BRIEF DESCRIPTION OF THE DRAWINGS

[0011] FIG. 1 is an electron microscope image of a multi-stage compound eye lens according to a first embodiment of the present invention.

[0012] FIG. 2 is a structural view of the multi-stage compound eye lens in P1 portion of FIG. 1.

[0013] FIG. 3 is a structural view of the multi-stage compound eye lens in P2 portion of FIG. 1.

[0014] FIG. 4 is a structural view of the multi-stage compound eye lens in P3 portion of FIG. 1.

[0015] FIG. 5 is an imaging diagram of the multi-stage compound eye lens according to the first embodiment the present invention.

[0016] FIG. 6 is an electron microscope image of a multi-stage compound eye lens according to a second embodiment of the present invention.

[0017] FIG. 7 is an electron microscope image of a multi-stage compound eye lens according to a third embodiment of the present invention.

[0018] FIG. 8 is an electron microscope image of a multi-stage compound eye lens according to a fourth embodiment of the present invention.

DETAILED DESCRIPTION OF THE PREFERRED EMBODIMENT

[0019] The present invention will be further described below with reference to the accompanying drawings and embodiments.

[0020] Embodiment 1: a method for manufacturing a multi-stage compound eye lens comprises the following steps.

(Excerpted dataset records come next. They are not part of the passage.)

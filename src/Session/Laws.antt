-- ===== src/Session/Laws.antt =====
-- The session's invariant and the agreement of two sessions.
use lortnoc_tahc.Base.{
  ◌≡◌, ◌≢◌, ◌⊎◌, inl, inr, refl, sym, ap, subst, ◌∙◌, true, Option, none, some, is_some, Bool-cases,
  Bytes, arith,
}
use lortnoc_tahc.Frame.{FrameType}
use lortnoc_tahc.Keys.{Crypto, CryptoLaws, KeyPair, derive_conv_key}
use lortnoc_tahc.Keys.Laws.{derive_conv_key_agree}
use lortnoc_tahc.Session.{
  Status, idle, offered, established, Session, fresh, frame_key, has, already_handled,
  clear_handled_frames, public_of, key_pair_or, start_offer, on_ack, accept_offer, reset,
  is_established,
}

module _ (c : Crypto) where
  -- The one key that a session may hold.
  abbrev pub session_key : Status → Option KeyPair → Option Bytes → Option Bytes
  session_key established (some kp) (some peer) = some (derive_conv_key c kp.private peer kp.public)
  session_key _ _ _ = none

  abbrev pub IsHonest : Option KeyPair → Type 0
  IsHonest none = Unit {0}
  IsHonest (some kp) = kp.public ≡ c.public_key kp.private

  abbrev pub IsLowOrder : Option Bytes → Type 0
  IsLowOrder none = ⊥
  IsLowOrder (some peer) = c.low_order peer ≡ true

  -- The key is the one of our private key and a peer key, which is the recorded one unless a key of
  -- low order was recorded since.
  abbrev pub IsKeyed : Session → Type 0
  IsKeyed s =
      (peer : Option Bytes) × (s.conv_key ≡ session_key s.status s.key_pair peer)
      × ((peer ≡ s.peer_pub) ⊎ IsLowOrder s.peer_pub)

  pub record IsSound (s : Session) : Type 0 where
    pub honest : IsHonest s.key_pair
    pub keyed : IsKeyed s
    pub live : is_some s.conv_key ≡ is_established s.status

  -- The operations that the content script calls, `startOffer` under its guard.
  pub data Step : Session → Session → Type 0 where
    offering :
        (s : Session) (random : Bytes) → s.status ≢ established → Step s (start_offer c s random).0
    acked : (s : Session) (random peer : Bytes) → Step s (on_ack c s random peer)
    accepting : (s : Session) (random peer : Bytes) → Step s (accept_offer c s random peer).0
    seen : (s : Session) (type : FrameType) (peer : Bytes) → Step s (already_handled s type peer).0
    cleared : (s : Session) → Step s (clear_handled_frames s)
    forgotten : (s : Session) → Step s (reset s)

  pub data Reach : Session → Type 0 where
    start : Reach fresh
    later : {s t : Session} → Reach s → Step s t → Reach t

  pub IsHonest-key_pair_or :
      (kp : Option KeyPair) (random : Bytes)
      → IsHonest kp
      → IsHonest (some (key_pair_or c kp random))
  IsHonest-key_pair_or none random h = refl
  IsHonest-key_pair_or (some kp) random h = h

  -- An established session has a key pair already.
  key_pair_kept :
      (st : Status) (kp : Option KeyPair) (random : Bytes) (peer : Option Bytes)
      → is_some (session_key st kp peer) ≡ is_established st
      → session_key st (some (key_pair_or c kp random)) peer ≡ session_key st kp peer
  key_pair_kept idle kp random peer h = refl
  key_pair_kept offered kp random peer h = refl
  key_pair_kept established none random peer h = cc
  key_pair_kept established (some kp) random peer h = refl

  establish-IsSound :
      (s : Session) (random peer : Bytes) → IsSound s → IsSound (on_ack c s random peer)
  unfolding on_ack
  establish-IsSound s random peer v = elim (Bool-cases (c.low_order peer)) [
    | inl low ↦
        let (p, e, why) = v.keyed in
        rw (low, on_ack)
          (record {
            honest = IsHonest-key_pair_or s.key_pair random v.honest;
            keyed = (
              p,
              e ∙ sym (key_pair_kept s.status s.key_pair random p (sym (ap is_some e) ∙ v.live)),
              inr low,
            );
            live = v.live;
          })
    | inr regular ↦
        rw (regular, on_ack)
          (record {
            honest = IsHonest-key_pair_or s.key_pair random v.honest;
            keyed = (some peer, refl, inl refl);
            live = refl;
          })
  ]

  seen-IsSound :
      (s : Session) (type : FrameType) (peer : Bytes)
      → IsSound s
      → IsSound (already_handled s type peer).0
  unfolding already_handled
  seen-IsSound s type peer v = elim (Bool-cases (has s.handled_frames (frame_key type peer))) [
    | inl old ↦ rw (old, already_handled) v
    | inr new ↦
        rw (new, already_handled) (record { honest = v.honest; keyed = v.keyed; live = v.live })
  ]

  pub Step-IsSound : {s t : Session} → Step s t → IsSound s → IsSound t
  unfolding start_offer on_ack accept_offer already_handled clear_handled_frames reset
  Step-IsSound (offering s random h) v = record {
    honest = IsHonest-key_pair_or s.key_pair random v.honest;
    keyed = (s.peer_pub, ground arith, inl refl);
    live = ground arith;
  }
  Step-IsSound (acked s random peer) v = establish-IsSound s random peer v
  Step-IsSound (accepting s random peer) v = establish-IsSound s random peer v
  Step-IsSound (seen s type peer) v = seen-IsSound s type peer v
  Step-IsSound (cleared s) v = record { honest = v.honest; keyed = v.keyed; live = v.live }
  Step-IsSound (forgotten s) v = record { honest = tt; keyed = (none, refl, inl refl); live = refl }

  pub fresh-IsSound : IsSound fresh
  fresh-IsSound = record { honest = tt; keyed = (none, refl, inl refl); live = refl }

  -- In every session that the operations reach the key pair is honest, there is a conversation key
  -- exactly when the status is established, and it is the one derived from our private key and the
  -- recorded peer key, or an earlier one if the recorded key is of low order.
  pub Reach-IsSound : {s : Session} → Reach s → IsSound s
  Reach-IsSound start = fresh-IsSound
  Reach-IsSound (later r st) = Step-IsSound st (Reach-IsSound r)

  pairs_agree :
      CryptoLaws c
      → (kp kt : Option KeyPair) → IsHonest kp
      → IsHonest kt
      → session_key established kp (public_of kt) ≡ session_key established kt (public_of kp)
  pairs_agree laws none none h k = refl
  pairs_agree laws none (some kt) h k = refl
  pairs_agree laws (some kp) none h k = refl
  pairs_agree laws (some kp) (some kt) h k =
      rw (h, k) (ap some (derive_conv_key_agree c laws kp.private kt.private))

  -- With the public key of an honest pair as the recorded one, the key is that of the recorded one.
  keyed_honest :
      (s : Session) (kt : Option KeyPair)
      → CryptoLaws c
      → IsSound s
      → IsHonest kt
      → s.peer_pub ≡ public_of kt
      → s.conv_key ≡ session_key s.status s.key_pair s.peer_pub
  keyed_honest s kt laws v honest e = go v.keyed.2
    where
      no_low : (k : Option KeyPair) → IsHonest k → IsLowOrder (public_of k) → ⊥
      no_low none h low = low
      no_low (some k) h low = cc (laws.regular k.private, h, low)

      go :
          ((v.keyed.0 ≡ s.peer_pub) ⊎ IsLowOrder s.peer_pub)
          → s.conv_key ≡ session_key s.status s.key_pair s.peer_pub
      go (inl same) = v.keyed.1 ∙ ap (session_key s.status s.key_pair) same
      go (inr low) = absurd (no_low kt honest (subst IsLowOrder e low))

  -- Two established sessions that each recorded the public key of the other hold one key.
  pub keys_agree :
      (s t : Session)
      → CryptoLaws c
      → Reach s
      → Reach t
      → s.status ≡ established
      → t.status ≡ established
      → s.peer_pub ≡ public_of t.key_pair
      → t.peer_pub ≡ public_of s.key_pair
      → s.conv_key ≡ t.conv_key
  keys_agree s t laws r q es et ps pt =
      keyed_honest s t.key_pair laws (Reach-IsSound r) (Reach-IsSound q).honest ps
      ∙ rw (es, ps)
          (pairs_agree laws s.key_pair t.key_pair (Reach-IsSound r).honest (Reach-IsSound q).honest
            ∙ sym (
                keyed_honest t s.key_pair laws (Reach-IsSound q) (Reach-IsSound r).honest pt
                ∙ rw (et, pt)))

[0021] 1) Manufacture a micropillar array using a photoetching method: Spin-coat a photoresist 4620 on a glass slide, wherein a spin-coating speed is 1500 r/s, wherein the glass slide is placed on a drying table for 5 minutes, and repeatedly spin-coat the photoresist on the glass substrate to obtain a microporous array with a thickness of 22 μm, which is a sample 1; after turning over the sample 1 twice by PDMS, obtain a microporous array mold, which is a sample 2; pour NOA61 UV-curable adhesive on PDMS of a surface of the sample 2, press it on a glass substrate, and then expose it by the UV exposure machine for 100 s, and demold the micro-pillar array with a height of 22 μm to obtain a sample 3.

[0022] 2) Sputter 30 nm of ZnO on a surface of the sample 3 to obtain a sample 4. Jet-print an ultraviolet curing adhesive onto gaps in the micropillar array using a micro jet printing machine. Control a morphology of microlenses using the number of droplets. The number of droplets is 12. A sample 5 with a microlens array is obtained.

[0023] 3) Dissolve 7 g of hexamethyl tetramine and 14.87 g of zinc nitrate in deionized water respectively and stir for 20 minutes. Then, pour the hexamethyl tetramine solution into the zinc nitrate solution, and mix and stir for 15 minutes to obtain a mixed solution. Place the sample 5 into the mixed solution and place it in a water bath at 90° C. for 80 minutes to obtain a sample 6.

[0024] 4) Rinse the sample 6 with deionized water for 2 minutes and dry it on a drying table at 60° C. for 50 minutes to obtain the multi-stage compound eye lens.

[0025] Referring to FIGS. 1, 2, 3 and 4, the multi-stage compound eye lens obtained by the embodiment has super hydrophobic properties, wherein when the droplet contacts the multi-stage compound eye lens, the droplet can be quickly separated from the multi-stage compound eye lens. The conventional lens with the superhydrophobic structure will affect its light transmittance. According to the method of the present invention, since the nanostructure and the micropillar array are fabricated in the microlens gap, such configuration will not affect the imaging of the compound eye lens, as shown in FIG. 5. This structure can significantly enhance the practical application of the compound eye lens.

[0026] Embodiment 2: The number of droplets in step 2) of the Embodiment 1 is changed to 2, wherein other steps are the same to obtain a multi-stage compound eye lens with the structure similar to that of Embodiment 1, as shown in FIG. 6.

[0027] Embodiment 3: The number of droplets in step 2) of the Embodiment 1 is changed to 4, wherein other steps are the same to obtain a multi-stage compound eye lens with the structure similar to that of Embodiment 1, as shown in FIG. 7.

[0028] Embodiment 4: The number of droplets in step 2) of the Embodiment 1 is changed to 8, wherein other steps are the same to obtain a multi-stage compound eye lens with the structure having triple-stage compound structure similar to that of Embodiment 1, as shown in FIG. 8.